Ask HN: Does Facebook Run on localhost? - sgy

how do big websites get tested? or get tested locally?
======
bazzargh
Facebook gave a presentation about their development practices at OSCON in
Portland last July, it was interesting (I was in the room at the time):
[https://www.youtube.com/watch?v=Ax9KR_PaiEM](https://www.youtube.com/watch?v=Ax9KR_PaiEM)

...the thing that sticks in my mind was, yes it runs on localhost, where the
localhost dev env has 3TB SSD and 144GB of memory :)

------
AJAr
Lots of insight—and several great projects—on their blog:
[https://code.facebook.com](https://code.facebook.com)

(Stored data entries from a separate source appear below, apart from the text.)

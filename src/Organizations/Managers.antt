-- ===== src/Organizations/Managers.antt =====
-- `lock_organization_manager_context`, `lock_active_organization_manager` and
-- `lock_active_organization_manager_target` of src/db/organization.rs: who may write for an
-- organization. The row locks keep other writers out until the transaction ends.
pub mod Meaning
use keylo.Base.Results.{Result, ok, err, ◌>>=◌, ok_or}
use keylo.Base.{
  String, Bool, true, false, not, ◌&&◌, ◌||◌, Option, none, some, ◌==◌, find, if◌then◌else◌,
}
use keylo.Organizations.Tables.{
  Organization, Principal, User, Membership, Db, Failure, bail, ensure, is_membership,
  is_known_class, kind_fits,
}

pub record LockedOrganizationManagerContext : Type 0 where
  pub target : Principal
  pub target_membership : Option Membership
  pub target_user_active : Option Bool
  pub actor_management_role : String

-- The users row of a human principal, which must be there.
abbrev pub user_row : Db → Principal → Result (Option User) Failure
user_row db p =
    if p.principal_type == "user"
    then ok_or (bail "organization_principal_user_not_found")
        (find (λ u. u.id == p.ref_id) db.users)
      >>= (λ u. ok (some u))
    else ok none

abbrev pub is_manager_role : String → Bool
is_manager_role role = role == "admin" || role == "owner"

-- The actor: a live person of a known class, with an active membership that manages.
abbrev pub actor_checks : Organization → Principal → Membership → Option User → Result Unit Failure
actor_checks organization actor m none = err (bail "organization_manager_requires_user_principal")
actor_checks organization actor m (some u) =
    ensure (actor.active && u.active) "organization_manager_principal_inactive"
    >>= (λ _. ensure (is_known_class u.user_class) "organization_manager_user_class_invalid")
    >>= (λ _.
        ensure (kind_fits organization u.user_class)
          "external_customer_requires_customer_organization")
    >>= (λ _. ensure (m.status == "active") "organization_manager_membership_not_active")
    >>= (λ _. ensure (is_manager_role m.management_role) "organization_manager_role_required")

abbrev pub target_checks : Organization → Option User → Result (Option Bool) Failure
target_checks organization none = ok none
target_checks organization (some u) =
    ensure (is_known_class u.user_class) "organization_target_user_class_invalid"
    >>= (λ _.
        ensure (kind_fits organization u.user_class)
          "external_customer_requires_customer_organization")
    >>= (λ _. ok (some u.active))

unfoldable pub lock_organization_manager_context :
    Db → String → String → String → Result LockedOrganizationManagerContext Failure
lock_organization_manager_context db organization_id actor_principal_id target_principal_id =
    let member : String → Option Membership =
      λ id. find (is_membership organization_id id) db.organization_memberships in
    ok_or (bail "organization_not_found") (find (λ o. o.id == organization_id) db.organizations)
    >>= λ organization. ensure (organization.status == "active") "organization_not_active" >>= λ _.
        ok_or (bail "organization_manager_principal_not_found")
          (find (λ p. p.id == actor_principal_id) db.principals)
        >>= λ actor.
            ok_or (bail "organization_target_principal_not_found")
              (find (λ p. p.id == target_principal_id) db.principals)
            >>= λ target. user_row db actor >>= λ actor_user. user_row db target >>= λ target_user.
                ok_or (bail "organization_manager_membership_not_found") (member actor_principal_id)
                >>= λ membership. actor_checks organization actor membership actor_user >>= λ _.
                    target_checks organization target_user >>= λ target_user_active. ok (record {
                      target = target;
                      target_membership = member target_principal_id;
                      target_user_active = target_user_active;
                      actor_management_role = membership.management_role;
                    })

unfoldable pub lock_active_organization_manager : Db → String → String → Result Unit Failure
lock_active_organization_manager db organization_id actor_principal_id =
    lock_organization_manager_context db organization_id actor_principal_id actor_principal_id
    >>= λ context. ok tt

abbrev pub is_active_member : Option Membership → Bool
is_active_member none = false
is_active_member (some m) = m.status == "active"

unfoldable pub lock_active_organization_manager_target :
    Db → String → String → String → Result Unit Failure
lock_active_organization_manager_target db organization_id actor_principal_id target_principal_id =
    lock_organization_manager_context db organization_id actor_principal_id target_principal_id
    >>= λ context. ensure context.target.active "organization_target_principal_inactive" >>= λ _.
        ensure (is_active_member context.target_membership)
          "organization_target_membership_not_active"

Things work a little different for Facebook than they do for sites with more
reasonable traffic. I've seen a few talks on YouTube where they speak about
the challenges of scalability as they gradually hot swap legacy X or Y for
their own in-house component Z.

See React/JSX and Flux, and the Haxl library. They go into detail about some
of the problems and solutions that they've made public with respect to those
projects, and they speak a lot about testing too in many of the posts. Worth
checking out.

------
jmcohen
Yes, every engineer there has a dev server running a copy of Facebook.

------
MichaelCrawford
I'd link to an article I wrote about website testing, but I used mod_rewrite
to redirect every URL on my site to "Make a Bonfire of Your Reputations".

When I stop being so pissed off, you'll find my article at
[http://www.warplife.com/tips/webmaster/web-application-
testi...](http://www.warplife.com/tips/webmaster/web-application-testing/)

tl;dr: use a load generator. I wrote the article after some jackass woke me
and my new bridge out of bed at three in the morning because his sun
ultrasparc server fell over when brought live just in time for the christmas
shopping season.